Abstract Polymer nanocomposite dielectrics have drawn increasing attention recent years. However, dispersion of high-e nanoparticles causes decreased breakdown strength and increased loss tangent. High dielectric permittivity, high breakdown strength, low dielectric loss and high charging-discharging energy efficiency are hard to achieve at the same time. In this research, in order to achieve all these goals, a combination method consists of cross-linking and dispersion of high-e nanoparticles was carried out. The cross-linking points limit polymer chain mobility in the amorphous phase, providing lower dielectric loss and lower conductivity. Therefore, breakdown strength increased from 402.8 MV/m of PVDF to 517.2 MV/m of cross-linked PVDF. By dispersing coated BaTiO3 nanoparticles, followed by cross-linking, cross-linked nanocomposites with higher e, higher breakdown strength and higher efficiency compared with the polymer matrix were prepared.

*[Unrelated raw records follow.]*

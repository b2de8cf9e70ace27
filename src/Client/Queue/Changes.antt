-- ===== src/Client/Queue/Changes.antt =====
-- Changes of one intent of the queue, one after the other.
use solmesh.Prelude.{
  ap, ◌≡◌, refl, sym, subst, ◌∙◌, inl, inr, Bool-cases, Option-cases, arith, Option, none, some,
  String, if◌then◌else◌,
}
use mathlib.Core.Option
use solmesh.Prelude.Eq.{string_eq, beq_self}
use solmesh.Constants.{Str}
use solmesh.Store.{pending, failed, status_eq, Intent}
use solmesh.Client.{ClientNode}
use solmesh.Client.World.{ClientWorld}
use solmesh.Client.Queue.{update_intent, current_intent, back_to_pending, status_or_pending}
use solmesh.Client.Queue.View.{Standing, standing, view, at, with_status, update_intent-view}

-- The intent with the id stands as `f` says, every other one as before.
abbrev pub Changes : String → (Standing → Standing) → ClientNode → ClientNode → Type 0
Changes id f c c' = (j : String) → view j c' ≡ at id j f c

map-map :
    (f g : Standing → Standing) (o : Option Standing)
    → Option.map g (Option.map f o) ≡ Option.map (λ s. g (f s)) o
map-map f g none = refl
map-map f g (some s) = refl

pub then-Changes :
    (id : String) (f g : Standing → Standing) (c c' c'' : ClientNode)
    → Changes id f c c'
    → Changes id g c' c''
    → Changes id (λ s. g (f s)) c c''
then-Changes id f g c c' c'' h k j = elim (Bool-cases (string_eq.beq id j)) [
  | inr other ↦ k j ∙ rw other (h j ∙ rw other refl)
  | inl same ↦
      k j ∙ rw same (ap (Option.map g) (h id ∙ rw (beq_self id) refl) ∙ map-map f g (view id c))
]

-- What follows and leaves the queue alone changes no more.
pub later_queue-Changes :
    (id : String) (f : Standing → Standing) (c c' c'' : ClientNode)
    → c''.intent_store ≡ c'.intent_store
    → Changes id f c c'
    → Changes id f c c''
later_queue-Changes id f c c' c'' same h j = rw same (h j)

pub congr-Changes :
    (id : String) (f g : Standing → Standing) (c c' : ClientNode)
    → ((s : Standing) → view id c ≡ some s → f s ≡ g s)
    → Changes id f c c'
    → Changes id g c c'
congr-Changes id f g c c' e h j = elim (Bool-cases (string_eq.beq id j)) [
  | inr other ↦ h j ∙ rw other refl
  | inl same ↦ elim (Option-cases (view id c)) [
    | inl absent ↦ h j ∙ rw (same, absent) refl
    | inr (s, found) ↦ h j ∙ rw (same, found) (ap some (e s found))
  ]
]

map_self : (o : Option Standing) → o ≡ Option.map (λ s. s) o
map_self none = refl
map_self (some s) = refl

pub none-Changes : (id : String) (c : ClientNode) → Changes id (λ s. s) c c
none-Changes id c j = elim (Bool-cases (string_eq.beq id j)) [
  | inr other ↦ rw other refl
  | inl same ↦
      rw same (ap (λ k. view k c) (sym ((string_eq.beq_iff id j).0 same)) ∙ map_self (view id c))
]

-- What is seen of an intent is its standing.
seen-standing :
    (o : Option Intent) (i : Intent) (s : Standing)
    → o ≡ some i
    → Option.map standing o ≡ some s
    → standing i ≡ s
seen-standing o i s found seen = ground (arith, found, seen)

abbrev pub unfail : Standing → Standing
unfail s = if status_eq s.status failed then s else with_status pending s

settle_back :
    (w : ClientWorld) (id : String) (error : Str) (c : ClientNode) (o : Option Intent)
    → current_intent id c ≡ o
    → Changes id unfail c (back_to_pending w id error o c).1
settle_back w id error c none absent =
    congr-Changes id (λ s. s) unfail c c (λ s seen. ground (arith, absent, seen))
      (none-Changes id c)
settle_back w id error c (some i) found = elim (Bool-cases (status_eq i.status failed)) [
  | inl over ↦
      congr-Changes id (λ s. s) unfail c (back_to_pending w id error (some i) c).1
        (λ s seen.
          subst (λ t. t ≡ unfail t) (seen-standing (current_intent id c) i s found seen)
            (rw over refl))
        (rw over (none-Changes id c))
  | inr still ↦
      congr-Changes id (with_status pending) unfail c (back_to_pending w id error (some i) c).1
        (λ s seen.
          subst (λ t. with_status pending t ≡ unfail t)
            (seen-standing (current_intent id c) i s found seen) (rw still refl))
        (rw still (λ j. update_intent-view w id j pending (some error) none c))
]

-- The intent goes back to the pending ones unless it has failed.
pub back_to_pending-Changes :
    (w : ClientWorld) (id : String) (error : Str) (c : ClientNode)
    → Changes id unfail c (back_to_pending w id error (current_intent id c) c).1
back_to_pending-Changes w id error c = settle_back w id error c (current_intent id c) refl

same_status :
    (o : Option Intent) (s : Standing)
    → Option.map standing o ≡ some s
    → with_status (status_or_pending o) s ≡ s
same_status none s seen = ground (arith, seen)
same_status (some i) s seen =
    subst (λ t. with_status i.status t ≡ t) (seen-standing (some i) i s refl seen) refl

-- The intent keeps its status.
pub keep_status-Changes :
    (w : ClientWorld) (id : String) (error : Option Str) (c : ClientNode)
    → Changes id
        (λ s. s)
        c
        (update_intent w id (status_or_pending (current_intent id c)) error none c).1
keep_status-Changes w id error c =
    let status = status_or_pending (current_intent id c) in
    congr-Changes id (with_status status) (λ s. s) c (update_intent w id status error none c).1
      (λ s seen. same_status (current_intent id c) s seen)
      (λ j. update_intent-view w id j status error none c)
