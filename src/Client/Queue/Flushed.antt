-- ===== src/Client/Queue/Flushed.antt =====
-- What `flush_intent` makes of the queue, by what became of the intent.
use solmesh.Prelude.{
  ap, ◌∙◌, runtime_error, ◌+◌, ℕ, ◌≡◌, refl, sym, subst, ◌++◌, inl, inr, Bool-cases, Option-cases,
  Option, none, some, String, leb, if◌then◌else◌, Result, ok, err, Exn,
}
use solmesh.Prelude.Stateful.{◌>>◌, pure}
use mathlib.Core.Option
use solmesh.Prelude.Eq.{string_eq, nat_eq}
use solmesh.Prelude.Dict.{lookup, contains}
use solmesh.Constants.{Str, utf8, ack_timeout}
use solmesh.Store.{
  QueueFile, IntentStatus, pending, sending, sent, failed, status_eq, Intent, QueueFile,
}
use solmesh.Client.{ClientNode, Outcome, success, failure}
use solmesh.Client.World.{ClientWorld}
use solmesh.Client.Wait.{wait_for, pop_result, wait_for_result}
use solmesh.Client.Queue.{
  update_intent, count_attempt, current_intent, dispatch, settle, dispatch_raised, dispatched,
  is_invalid_tag, back_to_pending, flush_intent, status_or_pending,
}
use solmesh.Client.Queue.Keeps.{dispatch-store, wait_for_result-store}
use solmesh.Client.Queue.View.{
  Standing, view, counted, with_status, update_intent-view, count_attempt-view,
}
use solmesh.Client.Queue.Changes.{
  Changes, then-Changes, later_queue-Changes, congr-Changes, unfail, back_to_pending-Changes,
  keep_status-Changes,
}

-- What becomes of an intent that is sent: an exception of the send, or the answer, if one came.
pub data Fate : Type 0 where
  raised : Exn → Fate
  answered : Option Outcome → Fate

-- An exception of the wait would be no answer; there is none.
abbrev pub fate_of : ClientWorld → String → Result ℕ → ClientNode → Fate
fate_of w id (err e) c = raised e
fate_of w id (ok msg_id) c =
    elim (wait_for_result w msg_id ack_timeout (count_attempt w id c).1).0 [
      | ok result ↦ answered result
      | err _ ↦ answered none
    ]

-- The send follows the note that the intent is being sent.
abbrev pub fate : ClientWorld → Intent → String → ClientNode → Fate
fate w intent passphrase c =
    let marked = (update_intent w intent.id sending none none c).1 in
    let (r, c') = dispatch w intent passphrase marked in fate_of w intent.id r c'

-- The last attempt fails the intent.
abbrev pub count_as : IntentStatus → Standing → Standing
count_as status s = record s {
  attempts = s.attempts + 1;
  status = if leb s.max_attempts (s.attempts + 1) then failed else status;
}

abbrev pub after : Fate → Standing → Standing
after (raised e) s = if is_invalid_tag e then with_status pending s else count_as sending s
after (answered none) s = count_as pending s
after (answered (some (failure error))) s = count_as pending s
after (answered (some (success signature))) s = record s {
  attempts = s.attempts + 1;
  status = sent;
}

dispatch_raised-Changes :
    (w : ClientWorld) (id : String) (e : Exn) (c c' : ClientNode)
    → Changes id (with_status sending) c c'
    → Changes id (after (raised e)) c (dispatch_raised w id e c').1
unfolding dispatch_raised
dispatch_raised-Changes w id e c c' h = elim (Bool-cases (is_invalid_tag e)) [
  | inl wrong ↦
      let error = some (utf8 "Wrong passphrase: " ++ w.text_of e) in
      let done = (update_intent w id pending error none c').1 in
      let same : dispatch_raised w id e c' ≡ (err e, done) = rw (wrong, dispatch_raised) refl in
      subst (λ (n : Result Outcome × ClientNode). Changes id (after (raised e)) c n.1) (sym same)
        (congr-Changes id (with_status pending) (after (raised e)) c done
          (λ s _. rw (wrong, after) refl)
          (then-Changes id (with_status sending) (with_status pending) c c' done h
            (λ j. update_intent-view w id j pending error none c')))
  | inr other ↦
      let error = some (w.text_of e) in
      let c'' = (count_attempt w id c').1 in
      let status = status_or_pending (current_intent id c'') in
      let done = (update_intent w id status error none c'').1 in
      let same : dispatch_raised w id e c' ≡ (ok (failure (w.text_of e)), done) =
        rw (other, dispatch_raised) refl in
      subst (λ (n : Result Outcome × ClientNode). Changes id (after (raised e)) c n.1) (sym same)
        (congr-Changes id (count_as sending) (after (raised e)) c done
          (λ s _. rw (other, after) refl)
          (then-Changes id (count_as sending) (λ s. s) c c'' done
            (then-Changes id (with_status sending) counted c c' c'' h
              (λ j. count_attempt-view w id j c'))
            (keep_status-Changes w id error c'')))
]

abbrev attempted : Standing → Standing
attempted s = counted (with_status sending s)

not_sent : (s : Standing) → unfail (attempted s) ≡ count_as pending s
not_sent s = elim (Bool-cases (leb s.max_attempts (s.attempts + 1))) [
  | inl last ↦ rw last refl
  | inr more ↦ rw more refl
]

not_sent-Changes :
    (w : ClientWorld) (id : String) (error : Str) (c c' : ClientNode)
    → Changes id attempted c c'
    → Changes id (count_as pending) c (back_to_pending w id error (current_intent id c') c').1
not_sent-Changes w id error c c' h =
    let done = (back_to_pending w id error (current_intent id c') c').1 in
    congr-Changes id (λ s. unfail (attempted s)) (count_as pending) c done (λ s _. not_sent s)
      (then-Changes id attempted unfail c c' done h (back_to_pending-Changes w id error c'))

back_ok :
    (w : ClientWorld) (id : String) (error : Str) (outcome : Outcome) (o : Option Intent)
    (c : ClientNode)
    → (back_to_pending w id error o >> pure outcome) c
      ≡ (ok outcome, (back_to_pending w id error o c).1)
unfolding update_intent
back_ok w id error outcome none c = refl
back_ok w id error outcome (some i) c = elim (Bool-cases (status_eq i.status failed)) [
  | inl over ↦ rw over refl
  | inr still ↦ rw still refl
]

settle-Changes :
    (w : ClientWorld) (id : String) (result : Option Outcome) (c c' : ClientNode)
    → Changes id attempted c c'
    → Changes id (after (answered result)) c (settle w id result c').1
unfolding settle
settle-Changes w id (some (success signature)) c c' h =
    then-Changes id attempted (with_status sent) c c'
      (update_intent w id sent none (some signature) c').1 h
      (λ j. update_intent-view w id j sent none (some signature) c')
settle-Changes w id (some (failure error)) c c' h =
    subst (λ (n : Result Outcome × ClientNode). Changes id (count_as pending) c n.1)
      (sym (back_ok w id error (failure error) (current_intent id c') c'))
      (not_sent-Changes w id error c c' h)
settle-Changes w id none c c' h =
    let error = utf8 "Timeout waiting for result" in
    subst (λ (n : Result Outcome × ClientNode). Changes id (count_as pending) c n.1)
      (sym (back_ok w id error (failure (utf8 "Timeout")) (current_intent id c') c'))
      (not_sent-Changes w id error c c' h)

pop_result_ok :
    (msg_id : ℕ) (c : ClientNode) → (r : Option Outcome) × ((pop_result msg_id c).0 ≡ ok r)
pop_result_ok msg_id c = elim (Option-cases (lookup msg_id c.results)) [
  | inl absent ↦ (none, rw (absent, pop_result) refl)
  | inr (outcome, found) ↦ (some outcome, rw (found, pop_result) refl)
]

wait_for_result_ok :
    (w : ClientWorld) (msg_id timeout : ℕ) (c : ClientNode)
    → (r : Option Outcome) × ((wait_for_result w msg_id timeout c).0 ≡ ok r)
unfolding wait_for_result wait_for
wait_for_result_ok w msg_id timeout c =
    pop_result_ok msg_id (wait_for w (λ n. contains msg_id n.results) timeout c).1

waited-Changes :
    (w : ClientWorld) (id : String) (c : ClientNode) (n : Result (Option Outcome) × ClientNode)
    (r : Option Outcome)
    → n.0 ≡ ok r
    → Changes id attempted c n.1
    → let fate : Fate = elim n.0 [ ok result ↦ answered result | err _ ↦ answered none ] in
      let next : Result Outcome × ClientNode = elim n.0 [
        | ok result ↦ settle w id result n.1
        | err e ↦ (err e, n.1)
      ] in
      Changes id (after fate) c next.1
waited-Changes w id c n r e h = rw e (settle-Changes w id r c n.1 h)

dispatched-Changes :
    (w : ClientWorld) (id : String) (r : Result ℕ) (c c' : ClientNode)
    → Changes id (with_status sending) c c'
    → Changes id (after (fate_of w id r c')) c (dispatched w id r c').1
unfolding dispatched count_attempt
dispatched-Changes w id (err e) c c' h = dispatch_raised-Changes w id e c c' h
dispatched-Changes w id (ok msg_id) c c' h =
    let counted_c = (count_attempt w id c').1 in
    let waited = wait_for_result w msg_id ack_timeout counted_c in
    let (result, came) = wait_for_result_ok w msg_id ack_timeout counted_c in
    let same : waited.1.intent_store ≡ counted_c.intent_store =
      wait_for_result-store w msg_id ack_timeout counted_c in
    waited-Changes w id c waited result came (
      later_queue-Changes id attempted c counted_c waited.1 same (
        then-Changes id (with_status sending) counted c c' counted_c h
          (λ j. count_attempt-view w id j c')))

configured :
    {A : Type 0} (o : Option QueueFile) (file : QueueFile) (a b : A)
    → o ≡ some file
    → (elim o [ none ↦ a | some _ ↦ b ]) ≡ b
configured o file a b set = rw set refl

-- A client with a queue that flushes an intent leaves every other intent as it stands. The intent
-- with that id, if there is one, becomes sent with one attempt more when a success comes back;
-- pending with one attempt more, or failed if that was the last attempt allowed, on an error or on
-- no answer in time; pending without an attempt on a wrong passphrase; and when the sending raises
-- anything else, it has one attempt more and is failed if that was the last, but else stays marked
-- as being sent.
pub flush_intent_lem :
    (w : ClientWorld) (intent : Intent) (passphrase : String) (file : QueueFile) (c : ClientNode)
    → c.intent_store ≡ some file
    → (j : String)
    → view j (flush_intent w intent passphrase c).1 ≡ (
        if string_eq.beq intent.id j
        then Option.map (after (fate w intent passphrase c)) (view intent.id c)
        else view j c)
unfolding flush_intent update_intent
flush_intent_lem w intent passphrase file c set j =
    let marked = (update_intent w intent.id sending none none c).1 in
    let n = dispatch w intent passphrase marked in
    ap (λ (o : Result Outcome × ClientNode). view j o.1)
      (configured c.intent_store file (err runtime_error, c) (dispatched w intent.id n.0 n.1) set)
    ∙ dispatched-Changes w intent.id n.0 c n.1
        (later_queue-Changes intent.id (with_status sending) c marked n.1
          (dispatch-store w intent passphrase marked)
          (λ i. update_intent-view w intent.id i sending none none c))
        j
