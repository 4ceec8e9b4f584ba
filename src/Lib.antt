-- ===== src/Lib.antt =====
-- lazypock is a backend on Postgres: collections with a records API, access rules,
-- authentication, realtime subscriptions and files. This library models parts of its core logic.
--
-- Base: shared names; text as code points (Base/Text), dictionaries with distinct keys
-- (Base/Dict), Rust's Result and postconditions on it (Base/Outcome).
--
-- Filter: crates/db/src/query/filter.rs. Filter/Lexer has the lexer, one function for each arm of
-- `tokenize`, over the text that is left; Filter/Parser has the recursive descent parser with its
-- depth counter. Both run on fuel: one round more than there are characters for the lexer, three
-- calls for each token and three more for the parser. Filter/Grammar is the grammar as trees, and
-- Filter/Lexer/Spelling the spelling of tokens. A number is kept as its numeral, whose rounding
-- to a double is not modelled, and an error is its message without the byte position.
--
-- RateLimit: crates/api/src/rate_limit.rs. The per-address limiter and the account lockout, over
-- an explicit instant; a call is taken to happen at one instant. The middleware that calls them
-- is not modelled.
--
-- Realtime: crates/realtime/src/hub.rs, with the event of event.rs and the request context of
-- crates/db/src/rls/context.rs. Realtime/Hub has the registry, `dispatch` as its three parts (who
-- is concerned, the sends, what is remembered) and `replay`, whose queries are numbered, since
-- the database goes on between them. The channels of tokio and the visibility query are
-- parameters; a channel is held by its subscription's id; and a dispatch is one step, although
-- the source lets go of the lock while it sends. The registry topic's notice, the bus loop and a
-- failed query of the log are not modelled.
--
-- Sessions: crates/auth/src/sessions.rs on the table `_sessions` of
-- migrations/0001_system_tables.sql. Each SQL statement is a function on the rows, and `rotate`
-- runs its statements at one instant; Sessions/Races has the statements of several requests
-- interleaved. Sessions/Rotation describes a rotation by what it does to the rows. The digest and
-- the random draws are parameters, and a connection that fails is not modelled.
--
-- Paging: crates/db/src/query/pagination.rs. Page requests, the cursor's text and
-- `Page::from_params`. An i64 is one of the integers; the sixteen digits that the writing of a
-- cursor has as fuel are those of sixty-four bits. The SQL text of the cursor's predicate and
-- `from_time`, which reads the clock's type, are not modelled.
--
-- Sort: crates/db/src/query/sort.rs. The reader of the `sort` parameter; an error stands without
-- the text that it quotes. The compilation of a sort into SQL is not modelled.
--
-- Net: crates/core/src/net.rs and crates/api/src/client.rs. Net/Address has addresses as numbers
-- of 32 and 128 bits and the test for public ones, Net/Proxies the trusted blocks and the address
-- of a request, Net/Hosts the allowlist and Net/Patterns the readers of both lists. The standard
-- library's reading of an address and of a small number from text is a parameter, an error stands
-- without the text that it quotes, and the header of a request is the one that was found.
--
-- Schema: crates/db/src/types.rs, ddl.rs and the types of collections.rs. Schema/Json has the
-- JSON of options, Schema/Types identifiers, kinds and quoting, Schema/Options the options of a
-- field with its column's type and default, Schema/Collections the validation of a collection,
-- Schema/Ddl the statements. The value of a double and its printing are a parameter (`Numbers`),
-- as are the digest of index names and the lookup of a relation's table. The statements are not
-- run. Schema/Quoting reads quoted text as SQL does.
--
-- Query: crates/db/src/query/compile.rs and projection.rs. Query/Context has what a filter may
-- name, Query/Operators the SQL of one comparison, Query/Compile that of a filter along its
-- relations; a hash map is an association list. `FilterContext::build` counts the depth that is
-- left, which is its termination. The list of parameters is handed on from call to call. The
-- printing of a number is a parameter. Query/Compile/Paths, Query/Context/Fields,
-- Query/Context/Reach and Query/Context/Depth follow a path through the contexts, Query/Like
-- reads a pattern as SQL does. Query/Projection has the `fields` projection and the `expand`
-- selection of projection.rs, whose maps are sorted association lists.
--
-- Crons: crates/api/src/crons.rs on the table `_crons`. Crons has the table, the claim of the
-- jobs that are due and what is validated; Crons/Due says which jobs a claim hands out;
-- Crons/Handlers has the requests of an operator and the tick of the scheduler, with the audit
-- trail. A transaction is one step, and the rows that other transactions hold locked are a
-- parameter, as are the reading of expressions and time zones, their next occurrence, the
-- statements and requests that a job makes, and the clock. Jobs of the same time keep the order
-- of the table.
--
-- Records: crates/db/src/validation.rs, with is_valid_id of crates/core/src/id.rs. Records has
-- the checks of a record against its collection, Records/Values those of one value,
-- Records/Encoding the text that a value is bound as, and Records/Encoding/Arrays a reader of
-- array literals as Postgres has it. The failures are a list with the first one of each name,
-- with its code and without its message; the values compared are numbers of JSON, and the reading
-- of a text as a double is a parameter. The statements that store a record are not modelled.
pub mod Base
pub mod Filter
pub mod RateLimit
pub mod Realtime
pub mod Sessions
pub mod Paging
pub mod Sort
pub mod Net
pub mod Schema
pub mod Query
pub mod Crons
pub mod Records
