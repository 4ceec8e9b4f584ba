-- ===== src/Base/Outcome.antt =====
-- Rust's `Result`, and its `?` as `do`.
use mathlib.Core.Path.{◌≡◌, refl, subst}
use mathlib.Core.Bool.{Bool, true, false}
use lazypock.Base.Tests.{if◌then◌else◌}

pub data Result {ℓ κ} (E : Type ℓ) (A : Type κ) : Type (ℓ ⊔ κ) where
  ok : A → Result E A
  err : E → Result E A

infixl 5 ◌>>=◌ ◌>>◌
abbrev pub ◌>>=◌ {ℓ κ κ'} :
    {E : Type ℓ} {A : Type κ} {B : Type κ'} → Result E A → (A → Result E B) → Result E B
◌>>=◌ (err e) next = err e
◌>>=◌ (ok a) next = next a

abbrev pub ◌>>◌ {ℓ κ} : {E : Type ℓ} {B : Type κ} → Result E (Unit {0}) → Result E B → Result E B
◌>>◌ first next = first >>= λ done. next

-- An early return with an error, unless the test holds.
abbrev pub guard {ℓ} : {E : Type ℓ} → Bool → E → Result E (Unit {0})
guard false e = err e
guard true e = ok tt

-- What a call promises: `P` of its value, or `Q` of its error.
pub data Meets {ℓ κ ℓ' κ'} {E : Type ℓ} {A : Type κ} (Q : E → Type ℓ') (P : A → Type κ')
    : Result E A → Type (ℓ ⊔ κ ⊔ ℓ' ⊔ κ') where
  returns : {a : A} → P a → Meets Q P (ok a)
  fails : {e : E} → Q e → Meets Q P (err e)

module _ {ℓ κ ℓ' κ'} {E : Type ℓ} {A : Type κ} {Q : E → Type ℓ'} {P : A → Type κ'} where
  pub Meets-ok : {r : Result E A} {a : A} → Meets Q P r → r ≡ ok a → P a
  Meets-ok (returns h) p = subst P (cc) h
  Meets-ok (fails h) p = cc

  pub Meets-err : {r : Result E A} {e : E} → Meets Q P r → r ≡ err e → Q e
  Meets-err (returns h) p = cc
  Meets-err (fails h) p = subst Q (cc) h

  pub Meets-bind {ℓ₂ κ₂} :
      {B : Type ℓ₂} {R : B → Type κ₂} {r : Result E A} {f : A → Result E B}
      → Meets Q P r
      → ((a : A) → P a → Meets Q R (f a))
      → Meets Q R (r >>= f)
  Meets-bind (returns {a} h) k = k a h
  Meets-bind (fails h) k = fails h

  pub Meets-if :
      (b : Bool) {x y : Result E A}
      → (b ≡ true → Meets Q P x)
      → (b ≡ false → Meets Q P y)
      → Meets Q P (if b then x else y)
  Meets-if true hx hy = hx refl
  Meets-if false hx hy = hy refl

  pub Meets-imp {κ₂} :
      {R : A → Type κ₂} {r : Result E A} → Meets Q P r → ((a : A) → P a → R a) → Meets Q R r
  Meets-imp (returns {a} h) k = returns (k a h)
  Meets-imp (fails h) k = fails h

-- A call returns what it returns.
pub Meets-self {ℓ κ} :
    {E : Type ℓ} {A : Type κ} (r : Result E A) → Meets (λ e. Unit {0}) (λ a. r ≡ ok a) r
Meets-self (ok a) = returns refl
Meets-self (err e) = fails tt

-- Behind a check, a call promises what it promises.
pub Meets-then {ℓ κ κ'} :
    {E : Type ℓ} {A : Type κ} {P : A → Type κ'} (r : Result E (Unit {0})) (s : Result E A)
    → Meets (λ e. Unit {0}) P s
    → Meets (λ e. Unit {0}) P (r >> s)
Meets-then (ok done) s h = h
Meets-then (err e) s h = fails tt

-- Behind a test, a call may rely on it.
pub Meets-guard {ℓ κ κ'} :
    {E : Type ℓ} {A : Type κ} {P : A → Type κ'} (b : Bool) (e : E) (s : Result E A)
    → (b ≡ true → Meets (λ e. Unit {0}) P s)
    → Meets (λ e. Unit {0}) P (guard b e >> s)
Meets-guard true e s h = h refl
Meets-guard false e s h = fails tt
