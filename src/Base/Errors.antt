-- ===== src/Base/Errors.antt =====
-- crates/core/src/error.rs: the kinds of error, and the decimal spelling of a number.
use Prim.Native.Nat.{ℕ, zero, suc, ◌+◌, ◌/◌, ◌%◌}
use mathlib.Core.List.{[], ◌∷◌}
use lazypock.Base.Tests.{ltb, if◌then◌else◌}
use lazypock.Base.Text.{Text}

-- An error stands by its kind, without its message.
pub data Fault : Type 0 where
  config unsupported invalid not_found conflict unauthorized forbidden internal : Fault

-- The digits of a number, before those that are written already.
unfoldable pub write_decimal : ℕ → ℕ → Text → Text
write_decimal zero n rest = rest
write_decimal (suc fuel) n rest =
    let more = write_decimal fuel (n / 10) ((b'0' + n % 10) ∷ rest) in
    if ltb n 10 then (b'0' + n) ∷ rest else more

-- `{}` of a number, which has fewer digits than one more than itself.
unfoldable pub decimal : ℕ → Text
unfolding write_decimal
decimal n = write_decimal (suc n) n []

The maximum discharging energy density reached up to 14.1 J/cm3, about 70% higher than 8.02 J/cm3 for pristine PVDF. This research provides us a novel approach to achieve all these goals by a combination of cross-linking and dispersion of coated BT nanoparticles.

中文翻译：

---

通过聚偏二氟乙烯/BaTiO3纳米复合材料的交联实现高介电常数、高击穿强度和高效率

摘要 近年来，聚合物纳米复合电介质引起了越来越多的关注。然而，高电子纳米粒子的分散会导致击穿强度降低和损耗角正切增加。高介电常数、高击穿强度、低介电损耗和高充放电能量效率难以同时实现。在这项研究中，为了实现所有这些目标，进行了一种由高电子纳米粒子的交联和分散组成的组合方法。交联点限制了聚合物链在非晶相中的流动性，从而提供了较低的介电损耗和较低的导电性。因此，击穿强度从 PVDF 的 402.8 MV/m 增加到交联 PVDF 的 517.2 MV/m。通过分散包覆的 BaTiO3 纳米粒子，然后交联，制备了与聚合物基体相比具有更高e、更高击穿强度和更高效率的交联纳米复合材料。最大放电能量密度达到 14.1 J/cm3，比原始 PVDF 的 8.02 J/cm3 高约 70%。这项研究为我们提供了一种通过结合交联和分散涂覆的 BT 纳米颗粒来实现所有这些目标的新方法。